Milestone report

This document concerns the milestone report for the second week of the tenth installment of the data science specialization course, the capstone project. This project covers the creation of a text prediction model. Specifically, the model would provide a single word addition, when provided with an incomplete sentence/ string of words. The available training data is available across three .txt files, covering text from blogs, news and twitter.

Data acquisition

The data is available from the course’s corporate partner SwiftKey. The data can be acquired and read into R with the following code. The unzipped file contains a folder, called final, containing the folders for datasets for four sets of languages, namely German (de_DE), English (en_US), Finnish (fi_FI) and Russian (ru_RU). The prediction model that will be developed will only concern the English training data.

url_file<-'https://d396qusza40orc.cloudfront.net/dsscapstone/dataset/Coursera-SwiftKey.zip'
download.file(url_file,'SwiftKey.zip')

unzip('SwiftKey.zip')
twitter<-readLines('final/en_US/en_US.twitter.txt')
blogs<-readLines('final/en_US/en_US.blogs.txt')
news<-readLines('final/en_US/en_US.news.txt')

Defining a function to reduce the lines to words

This function merely extracts all the words from the lists that are twitter, blogs and news, and appends them in a vector. It select all stretches of alphabetical characters, stored in a list, which is subsequently unlisted, whereafter the characters are put to lower case in a dataframe.

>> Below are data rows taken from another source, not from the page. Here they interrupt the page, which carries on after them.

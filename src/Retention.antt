-- ===== src/Retention.antt =====
-- apps/backend/app/intelligence/retention.py: the facts of a failed snapshot are discarded. The
-- connection that the deletes go through belongs to the session's transaction.
pub mod Purge
use partha.Prelude.{
  ℕ, ◌+◌, not, Bool, true, false, ◌&&◌, ◌||◌, Option, none, some, List, [], ◌∷◌, map, ◌==◌, take,
  if◌then◌else◌,
}
use partha.Table.{find}
use partha.Database.{
  FactTable, derivation, evidence, assertion, diagnostic, edge, observation, node, Fact, RiSnapshot,
  snapshot_key, is_failed, Database,
}
use partha.Session.{Exec, pure, gets, ◌>>=◌, ◌>>◌, statement, commit}

-- Children before parents.
abbrev pub fact_tables : List FactTable
fact_tables = derivation ∷ evidence ∷ assertion ∷ diagnostic ∷ edge ∷ observation ∷ node ∷ []

abbrev pub same_table : FactTable → FactTable → Bool
same_table derivation derivation = true
same_table evidence evidence = true
same_table assertion assertion = true
same_table diagnostic diagnostic = true
same_table edge edge = true
same_table observation observation = true
same_table node node = true
same_table _ _ = false

-- `DELETE FROM table WHERE snapshot_id = id`, with its row count.
unfoldable pub delete_facts : FactTable → ℕ → List Fact → ℕ × List Fact
delete_facts t id [] = (0, [])
delete_facts t id (f ∷ facts) =
    let (n, rest) = delete_facts t id facts in
    if same_table f.table t && f.snapshot_id == id then (n + 1, rest) else (n, f ∷ rest)

-- The loop over the tables, which adds the row counts up.
unfoldable pub delete_all : List FactTable → ℕ → List Fact → ℕ × List Fact
delete_all [] id facts = (0, facts)
delete_all (t ∷ ts) id facts =
    let (n, rest) = delete_facts t id facts in
    let (m, rest') = delete_all ts id rest in (n + m, rest')

-- The seven statements of a purge, in one transaction.
unfoldable pub delete_snapshot_facts : ℕ → Exec ℕ
delete_snapshot_facts id =
    statement
      λ db. let (n, rest) = delete_all fact_tables id db.facts in (n, record db { facts = rest })

abbrev pub state_is_failed : Option RiSnapshot → Bool
state_is_failed none = false
state_is_failed (some s) = is_failed s.state

unfoldable pub purge_snapshot_facts : ℕ → Exec ℕ
purge_snapshot_facts id = do
  stored ← gets (λ db. find snapshot_key id db.snapshots)
  if not (state_is_failed stored)
      then pure 0
      else do removed ← delete_snapshot_facts id; commit; pure removed

-- `exists().where(table.snapshot_id == id)` for the three tables that the scan asks.
abbrev pub has_facts : ℕ → List Fact → Bool
has_facts id [] = false
has_facts id (f ∷ facts) =
    (f.snapshot_id == id
      && (same_table f.table node
          || same_table f.table observation
          || same_table f.table diagnostic))
    || has_facts id facts

unfoldable pub orphaned : List Fact → List RiSnapshot → List ℕ
orphaned facts [] = []
orphaned facts (s ∷ snapshots) =
    let rest = orphaned facts snapshots in
    if is_failed s.state && has_facts s.snapshot_id facts then s.snapshot_id ∷ rest else rest

-- The generator that `sum` consumes.
unfoldable pub purge_each : List ℕ → Exec ℕ
purge_each [] = pure 0
purge_each (id ∷ ids) = do
  removed ← purge_snapshot_facts id
  rest ← purge_each ids
  pure (removed + rest)

unfoldable pub purge_orphaned_failed_facts : ℕ → Exec ℕ
unfolding purge_each
purge_orphaned_failed_facts limit = do
  candidates ← gets (λ db. take limit (orphaned db.facts db.snapshots))
  purge_each candidates
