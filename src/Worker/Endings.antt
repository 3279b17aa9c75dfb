-- ===== src/Worker/Endings.antt =====
-- The terminal transitions of analysis_worker.py, and the guarded writes that they are made of.
use partha.Prelude.{
  ℕ, not, is_none, Bool, true, false, ◌&&◌, ◌||◌, Option, none, some, [], if◌then◌else◌,
  holds_value, coalesce,
}
use partha.Table.{update_row}
use partha.Jobs.{Stage, ErrorCode, job_cancelled, AnalysisJob, is_running}
use partha.Database.{SnapshotState, is_building, is_sealed, RiSnapshot, snapshot_key}
use partha.Session.{
  Raised, lease_lost, cancellation_observed, failure, Exec, pure, raise, catch, ◌>>=◌, ◌>>◌, modify,
  commit, rollback, read_clock, statement, get_reused,
}
use partha.ControlPlane.{update_owned, lease_until}
use partha.Retention.{purge_snapshot_facts}
use partha.Worker.{
  AnalysisWorker, StageContext, get_job, get_snapshot, get_record, edit_record, completed_record,
  cancelled_record, completed_job, finished_job, cancelled_job,
}

-- `SnapshotStore.mark_failed` of intelligence/snapshot_store.py: its guard, its commit, its purge.
-- The text of the error of `_require_building` is not modelled.
unfoldable pub mark_failed : RiSnapshot → ErrorCode → Exec (Unit {0})
mark_failed snapshot code =
    if not (is_building snapshot.state)
    then raise (failure (record { text = []; class_name = [] }))
    else do
      modify (λ db. record db {
        snapshots =
            (update_row snapshot_key snapshot.snapshot_id (λ _. true)
              (λ s. record s { state = SnapshotState.failed; failure_code = some code })
              db.snapshots).0;
      })
      commit
      purge_snapshot_facts snapshot.snapshot_id
      pure tt

-- `snapshot is not None and snapshot.state == "completed"`
abbrev pub already_sealed : Option RiSnapshot → Option RiSnapshot
already_sealed none = none
already_sealed (some s) = if is_sealed s.state then some s else none

-- The row is this worker's running job, and its cancellation is requested.
abbrev pub must_cancel : ℕ → Option AnalysisJob → Bool
must_cancel worker none = false
must_cancel worker (some j) =
    is_running j.status && holds_value j.worker_id worker && j.cancel_requested

abbrev snapshot_of : Option AnalysisJob → Option ℕ
snapshot_of none = none
snapshot_of (some j) = j.snapshot_id

unfoldable pub fail_building : Option RiSnapshot → ErrorCode → Exec (Unit {0})
fail_building none code = pure tt
fail_building (some s) code = if is_building s.state then mark_failed s code else pure tt

module _ (w : AnalysisWorker) where
  open w use {worker_id, lease_seconds, clock}

  unfoldable pub update_owned_job :
      StageContext → Bool → (AnalysisJob → AnalysisJob) → Exec (Unit {0})
  update_owned_job ctx require values = do
    held ← statement λ db.
        let (held, jobs) = update_owned ctx.job_id worker_id values require db.jobs in
        (held, record db { jobs = jobs })
    if held then pure tt else (rollback >> raise lease_lost)

  -- The handler of a lost lease in `_lock_owned_job`.
  unfoldable pub observe_cancellation : StageContext → Bool → Raised → Exec (Unit {0})
  observe_cancellation ctx true lease_lost = do
    current ← get_job ctx.job_id
    if must_cancel worker_id current then raise cancellation_observed else raise lease_lost
  observe_cancellation ctx _ e = raise e

  unfoldable pub lock_owned_job : StageContext → Bool → Exec (Unit {0})
  unfolding observe_cancellation
  lock_owned_job ctx require =
      catch (update_owned_job ctx require (λ j. j)) (observe_cancellation ctx require)

  unfoldable pub fail_open_snapshot : StageContext → ErrorCode → Exec (Unit {0})
  fail_open_snapshot ctx code = do
    reused ← get_reused
    job ← get_job ctx.job_id
    if reused || is_none (snapshot_of job)
        then pure tt
        else do snapshot ← get_snapshot (snapshot_of job); fail_building snapshot code

  -- `_complete_sealed_snapshot`; the same writes stand inline in `_retry_or_fail` and
  -- `_reconcile_stale`, which read the clock before they know of the snapshot.
  unfoldable pub complete_at : StageContext → RiSnapshot → ℕ → Exec (Unit {0})
  complete_at ctx snapshot now = do
    let completed_at = coalesce snapshot.sealed_at now
    update_owned_job ctx false (completed_job completed_at now)
    edit_record ctx.record_id (completed_record completed_at)
    commit

  unfoldable pub complete_sealed_snapshot : StageContext → RiSnapshot → Exec (Unit {0})
  complete_sealed_snapshot ctx snapshot = do now ← read_clock clock; complete_at ctx snapshot now

  unfoldable pub cancel_unsealed : StageContext → Exec (Unit {0})
  cancel_unsealed ctx = do
    fail_open_snapshot ctx job_cancelled
    now ← read_clock clock
    update_owned_job ctx false (cancelled_job now)
    edit_record ctx.record_id cancelled_record
    commit

  unfoldable pub cancel : StageContext → Exec (Unit {0})
  unfolding cancel_unsealed
  cancel ctx = do
    lock_owned_job ctx false
    job ← get_job ctx.job_id
    snapshot ← get_snapshot (snapshot_of job)
    elim (already_sealed snapshot) [
      | some s ↦ complete_sealed_snapshot ctx s
      | none ↦ cancel_unsealed ctx
    ]

  -- The handler of a lost lease in `_complete`.
  unfoldable pub cancel_accepted : StageContext → Raised → Exec Bool
  cancel_accepted ctx lease_lost = do
    job ← get_job ctx.job_id
    if not (must_cancel worker_id job) then raise lease_lost else do
      record_id ← get_record (elim job [ none ↦ 0 | some j ↦ j.repository_id ])
      cancel (record ctx { record_id = record_id })
      pure false
  cancel_accepted ctx e = raise e

  unfoldable pub complete : StageContext → Exec (Unit {0})
  unfolding cancel_accepted
  complete ctx = do
    now ← read_clock clock
    updated ←
        catch (update_owned_job ctx true (finished_job now) >> pure true) (cancel_accepted ctx)
    if updated then (edit_record ctx.record_id (completed_record now) >> commit) else pure tt

  unfoldable pub checkpoint : StageContext → Stage → ℕ → Exec (Unit {0})
  checkpoint ctx stage progress = do
    now ← read_clock clock
    update_owned_job ctx false (λ j. record j {
      stage = some stage;
      progress = progress;
      lease_expires_at = some (lease_until lease_seconds now);
      updated_at = now;
    })
    commit
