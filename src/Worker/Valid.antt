-- ===== src/Worker/Valid.antt =====
-- The endings of a job keep the queue valid, in the committed rows and in the open transaction.
use partha.Prelude.{ℕ, ◌≡◌, refl, Bool, true, Option, none, some, arith}
use partha.Jobs.{AnalysisJob}
use partha.Jobs.Valid.{IsValid, IsQueue}
use partha.Database.{Database}
use partha.Session.{Session, modify, commit, rollback, read_clock, statement}
use partha.Session.Rules.{Ensures-modify, Ensures-commit, Ensures-rollback, Ensures-read_clock}
use partha.Session.Keeps.{Keeps, keeps_rules, Keeps-bind, Keeps-pure}
use partha.ControlPlane.{is_owned}
use partha.ControlPlane.Valid.{update_owned-IsQueue}
use partha.Worker.{
  AnalysisWorker, StageContext, edit_record, completed_job, finished_job, cancelled_job, failed_job,
}
use partha.Worker.Endings.{update_owned_job}

pub record IsSound (s : Session) : Type 0 where
  pub stored : IsQueue s.committed.jobs
  pub open_rows : IsQueue s.work.jobs

pub Keeps-commit : Keeps IsSound commit
Keeps-commit =
    Ensures-commit IsSound (λ s h. record { stored = h.open_rows; open_rows = h.open_rows })

pub Keeps-rollback : Keeps IsSound rollback
Keeps-rollback =
    Ensures-rollback IsSound (λ s h. record { stored = h.stored; open_rows = h.stored })

pub Keeps-read_clock : (clock : ℕ → ℕ) → Keeps IsSound (read_clock clock)
Keeps-read_clock clock =
    Ensures-read_clock (λ _. IsSound) clock
      (λ s h. record { stored = h.stored; open_rows = h.open_rows })

-- An action on the other tables.
pub Keeps-modify :
    (f : Database → Database) → ((db : Database) → (f db).jobs ≡ db.jobs) → Keeps IsSound (modify f)
Keeps-modify f same =
    Ensures-modify IsSound f (λ s h. record { stored = h.stored; open_rows = rw same h.open_rows })

pub Keeps-edit_record : (id : Option ℕ) (f : _) → Keeps IsSound (edit_record id f)
unfolding edit_record
Keeps-edit_record none f = Keeps-pure tt
Keeps-edit_record (some id) f = Keeps-modify _ (λ db. refl)

pub Keeps-statement :
    {A : Type 0} (f : Database → A × Database)
    → ((db : Database) → IsQueue db.jobs → IsQueue (f db).1.jobs)
    → Keeps IsSound (statement f)
unfolding statement
Keeps-statement f keep = record {
  at = λ s h. record { stored = h.stored; open_rows = keep s.work h.open_rows };
}

module _ (w : AnalysisWorker) (ctx : StageContext) where
  -- A guarded write whose values keep a running job of this worker valid.
  pub Keeps-update_owned_job :
      (require : Bool) (values : AnalysisJob → AnalysisJob)
      → ((j : AnalysisJob) → (values j).id ≡ j.id)
      → ((j : AnalysisJob) → IsValid j → is_owned w.worker_id require j ≡ true → IsValid (values j))
      → Keeps IsSound (update_owned_job w ctx require values)
  unfolding update_owned_job
  Keeps-update_owned_job require values same keep =
      Keeps-bind _ _
        (Keeps-statement _
          (λ db v. update_owned-IsQueue ctx.job_id w.worker_id require values same keep db.jobs v))
        (λ held. search (keeps_rules, Keeps-rollback))

-- The rows that the terminal updates write are valid.
module _ (worker now : ℕ) (require : Bool) (j : AnalysisJob) (v : IsValid j)
    (own : is_owned worker require j ≡ true) where
  pub completed_job-IsValid : (at : ℕ) → IsValid (completed_job at now j)
  completed_job-IsValid at = ground arith

  pub finished_job-IsValid : IsValid (finished_job now j)
  finished_job-IsValid = ground arith

  pub cancelled_job-IsValid : IsValid (cancelled_job now j)
  cancelled_job-IsValid = ground arith

  pub failed_job-IsValid : (code : _) (message : _) → IsValid (failed_job code message now j)
  failed_job-IsValid code message = ground arith
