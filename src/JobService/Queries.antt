-- ===== src/JobService/Queries.antt =====
-- The queries of the service write nothing: they keep whatever holds of a session.
use partha.Prelude.{ℕ, none, some, ◌==◌, if◌then◌else◌}
use partha.Database.{RepositoryRecord}
use partha.Session.{Session, service_error, conflict, pure, raise}
use partha.Session.Keeps.{
  Keeps, keeps_rules, Keeps-pure, Keeps-raise, Keeps-gets, Keeps-bind, Keeps-option,
}
use partha.JobService.{AnalysisJobService}
use partha.JobService.Lookup.{
  get_record, reload_record, require_revision, completed_snapshot, latest_job, active_job,
  effective_job, job_for_snapshot, reload_job,
}

module _ (service : AnalysisJobService) {P : Session → Type 0} where
  pub Keeps-get_record : (id : ℕ) → Keeps P (get_record service id)
  unfolding get_record
  Keeps-get_record id =
      Keeps-bind _ _ (Keeps-gets _) λ found. Keeps-option found _ pure (Keeps-raise _) Keeps-pure

  pub Keeps-reload_record : (id : ℕ) → Keeps P (reload_record service id)
  unfolding reload_record
  Keeps-reload_record id =
      Keeps-bind _ _ (Keeps-gets _) λ found. Keeps-option found _ pure (Keeps-raise _) Keeps-pure

  pub Keeps-require_revision : (r : RepositoryRecord) → Keeps P (require_revision service r)
  unfolding require_revision
  Keeps-require_revision r =
      Keeps-option r.revision_kind _
        (λ kind. elim r.revision_value [
          | none ↦ raise service_error
          | some value ↦ pure (kind, value)
        ])
        (Keeps-raise _)
        λ kind.
          Keeps-option r.revision_value _ (λ value. pure (kind, value)) (Keeps-raise _)
            λ value. Keeps-pure _

  pub Keeps-latest_job : (id : ℕ) → Keeps P (latest_job service id)
  unfolding latest_job
  Keeps-latest_job id = search (keeps_rules)

  pub Keeps-active_job : (id : ℕ) → Keeps P (active_job service id)
  unfolding active_job
  Keeps-active_job id = search (keeps_rules)

  pub Keeps-effective_job : (id : ℕ) → Keeps P (effective_job service id)
  unfolding effective_job
  Keeps-effective_job id = search (keeps_rules)

  pub Keeps-job_for_snapshot : (id snapshot : ℕ) → Keeps P (job_for_snapshot service id snapshot)
  unfolding job_for_snapshot
  Keeps-job_for_snapshot id snapshot = search (keeps_rules)

  pub Keeps-completed_snapshot :
      (r : RepositoryRecord) (value : ℕ) → Keeps P (completed_snapshot service r value)
  unfolding completed_snapshot
  Keeps-completed_snapshot r value = search (keeps_rules)

  pub Keeps-reload_job : (id : ℕ) → Keeps P (reload_job service id)
  unfolding reload_job
  Keeps-reload_job id = Keeps-bind _ _ (Keeps-gets _) λ found.
      Keeps-option found _ (λ j. if j.owner_id == service.owner_id then pure j else raise conflict)
        (Keeps-raise _) λ j. search (keeps_rules)
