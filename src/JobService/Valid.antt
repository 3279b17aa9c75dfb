-- ===== src/JobService/Valid.antt =====
-- What `cancel` of the service keeps: any predicate of a session that its statements keep, and so
-- the validity of the queue.
use partha.Prelude.{ℕ, zero, suc, ◌≡◌, refl, Bool, true, ◌&&◌, ◌==◌, arith, if◌then◌else◌}
use partha.Jobs.{AnalysisJob, JobStatus, is_queued, is_running}
use partha.Jobs.Valid.{IsValid}
use partha.Session.{Session, commit, rollback, read_clock, ◌>>◌}
use partha.Session.Keeps.{
  Keeps, keeps_rules, Keeps-pure, Keeps-raise, Keeps-if, Keeps-bind, Keeps-option,
}
use partha.ControlPlane.Valid.{update_row-IsQueue}
use partha.Worker.Valid.{
  IsSound, Keeps-commit, Keeps-rollback, Keeps-read_clock, Keeps-modify, Keeps-statement,
}
use partha.JobService.{AnalysisJobService}
use partha.JobService.Queries.{Keeps-reload_job, Keeps-latest_job, Keeps-get_record}
use partha.JobService.Cancel.{
  cancelled_job, flagged_job, cancel_repository, update_job, flag_running, cancel_running,
  cancel_claimed, finish_cancel, cancel_queued, cancel_job, cancel_tries, cancel,
}

-- The statements of a cancellation keep `P`.
pub record Admits (service : AnalysisJobService) (P : Session → Type 0) : Type 0 where
  pub on_commit : Keeps P commit
  pub on_rollback : Keeps P rollback
  pub on_clock : Keeps P (read_clock service.clock)
  pub on_flag : (id now : ℕ) → Keeps P (update_job service id is_running (flagged_job now))
  pub on_cancel : (id now : ℕ) → Keeps P (update_job service id is_queued (cancelled_job now))
  pub on_record : (id : ℕ) → Keeps P (cancel_repository service id)

module _ (service : AnalysisJobService) {P : Session → Type 0} (admits : Admits service P) where
  open admits use {on_commit, on_rollback, on_clock, on_flag, on_cancel, on_record}

  Keeps-flag_running : (job : AnalysisJob) → Keeps P (flag_running service job)
  unfolding flag_running
  Keeps-flag_running job = Keeps-bind _ _ on_clock λ now.
      Keeps-bind _ _ (on_flag job.id now) λ count. Keeps-bind _ _ on_commit λ _.
        Keeps-bind _ _ (Keeps-reload_job service job.id)
          λ after. Keeps-if (count == 0) _ _ (Keeps-raise _) (Keeps-pure after)

  Keeps-cancel_running : (job : AnalysisJob) → Keeps P (cancel_running service job)
  unfolding cancel_running
  Keeps-cancel_running job = search (keeps_rules, Keeps-flag_running)

  Keeps-cancel_claimed : (job : AnalysisJob) → Keeps P (cancel_claimed service job)
  unfolding cancel_claimed
  Keeps-cancel_claimed job =
      Keeps-bind _ _ on_commit
        λ _. Keeps-bind _ _ (Keeps-reload_job service job.id) Keeps-cancel_running

  Keeps-finish_cancel : (job : AnalysisJob) → Keeps P (finish_cancel service job)
  unfolding finish_cancel
  Keeps-finish_cancel job =
      Keeps-bind _ _ (on_record job.repository_id)
        λ _. Keeps-bind _ _ on_commit λ _. Keeps-reload_job service job.id

  Keeps-cancel_queued : (job : AnalysisJob) → Keeps P (cancel_queued service job)
  unfolding cancel_queued
  Keeps-cancel_queued job = Keeps-bind _ _ on_clock λ now.
      Keeps-bind _ _ (on_cancel job.id now)
        λ count. search (keeps_rules, Keeps-cancel_claimed, Keeps-finish_cancel)

  pub Keeps-cancel_job : (job : AnalysisJob) → Keeps P (cancel_job service job)
  unfolding cancel_job
  Keeps-cancel_job job = search (keeps_rules, Keeps-cancel_queued, Keeps-cancel_running)

  Keeps-cancel_tries :
      (left : ℕ) (busy : ℕ → Bool) (id : ℕ) → Keeps P (cancel_tries service left busy id)
  unfolding cancel_tries
  Keeps-cancel_tries zero busy id = search (keeps_rules)
  Keeps-cancel_tries (suc left) busy id =
      let again = Keeps-cancel_tries left busy id in
      Keeps-bind _ _ (Keeps-latest_job service id) λ found.
        Keeps-option found _
          (λ job.
            if busy left
            then rollback >> cancel_tries service left busy id
            else cancel_job service job)
          (Keeps-raise _)
          λ job. Keeps-if _ _ _ (Keeps-bind _ _ on_rollback (λ _. again)) (Keeps-cancel_job job)

  -- Whichever tries meet a lock and however it ends.
  pub Keeps-cancel : (busy : ℕ → Bool) (id : ℕ) → Keeps P (cancel service busy id)
  unfolding cancel
  Keeps-cancel busy id =
      Keeps-bind _ _ (Keeps-get_record service id) λ _. Keeps-cancel_tries 3 busy id

module _ (service : AnalysisJobService) where
  Keeps-update_job :
      (id : ℕ) (in_state : JobStatus → Bool) (values : AnalysisJob → AnalysisJob)
      → ((j : AnalysisJob) → (values j).id ≡ j.id)
      → ((j : AnalysisJob)
          → IsValid j
          → j.owner_id == service.owner_id && in_state j.status ≡ true
          → IsValid (values j))
      → Keeps IsSound (update_job service id in_state values)
  unfolding update_job
  Keeps-update_job id in_state values same keep =
      Keeps-statement _ (λ db v. update_row-IsQueue id _ values same keep db.jobs v)

  Keeps-cancel_repository : (id : ℕ) → Keeps IsSound (cancel_repository service id)
  unfolding cancel_repository
  Keeps-cancel_repository id = Keeps-modify _ (λ db. refl)

  pub Admits-IsSound : Admits service IsSound
  Admits-IsSound = record {
    on_commit = Keeps-commit;
    on_rollback = Keeps-rollback;
    on_clock = Keeps-read_clock service.clock;
    on_flag = λ id now.
        Keeps-update_job id is_running (flagged_job now) (λ _. refl) (λ j v h. ground arith);
    on_cancel = λ id now.
        Keeps-update_job id is_queued (cancelled_job now) (λ _. refl) (λ j v h. ground arith);
    on_record = Keeps-cancel_repository;
  }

word_extractor <- function(x){
  output<-data.frame(tolower(unlist(strsplit(x,split="[^[:alpha:]]+"))))
  colnames(output)<-'word'
  output
}

w_twitter<-word_extractor(twitter)
w_blogs<-word_extractor(blogs)
w_news<-word_extractor(news)

Creating a summary data.frame of the three datasets

summary_table<-data.frame(matrix(nrow=2,ncol=4))
colnames(summary_table)<-c('twitter','blogs','news','combined')
rownames(summary_table)<-c('lines','words')

summary_table[1,]<-c(length(twitter),length(blogs),length(news),length(c(twitter,blogs,news)))
summary_table[2,]<-c(length(w_twitter$word),length(w_blogs$word),length(w_news$word),
                     length(c(w_twitter$word,w_blogs$word,w_news$word)))

kable(summary_table)
twitter blogs news combined
lines 2360148 899288 77259 3336695
words 30720047 37981296 2676302 71377645

While the twitter dataset has by far the most entries (lines), it is however superceded by the blogs dataset in amount of words. The news dataset is substantially smaller than either of the other datasets in both word and line count.

Constructing a word frequency dataframe combining all three text sources

twitter_wfreq<-w_twitter%>%
  count(word,sort=T)%>%
  mutate(id='twitter')

blogs_wfreq<-w_blogs%>%
  count(word,sort=T)%>%
  mutate(id='blogs')

news_wfreq<-w_news%>%
  count(word,sort=T)%>%
  mutate(id='news')

word_freq<-rbind(twitter_wfreq,blogs_wfreq,news_wfreq)

Constructing a histogram of the word frequency

For each dataset (twitter,blogs and news), the word frequency is displayed for the 20 most frequently occurring words.

top20wf<-word_freq%>%
  group_by(id)%>%
  slice_head(n=20)

gwords<-ggplot(top20wf,aes(x=reorder(word,n),y=n,col=id,fill=id))+
  geom_col()+
  coord_flip()+
  xlab('word')+
  ylab('count')+
  facet_grid(id~.,scales='free_y')

ggplotly(gwords)

Constructing a boxplot of the line lengths

For each dataset (twitter, blogs and news) the boxplot distribution of the line length is provided through nchar(). This is useful to see whether a dataset contains either particularly long or short lines of text.

par(mfrow=(c(1,3)))
boxplot(nchar(twitter),main='twitter')
boxplot(nchar(blogs),main='blogs')
boxplot(nchar(news),main='news')

Up until 2017, from before which this data originates, the character limit of twitter was 140, providing way shorter line lengths than the other two sources of text data. It can be observed that the blogs data has some incredibly large entries.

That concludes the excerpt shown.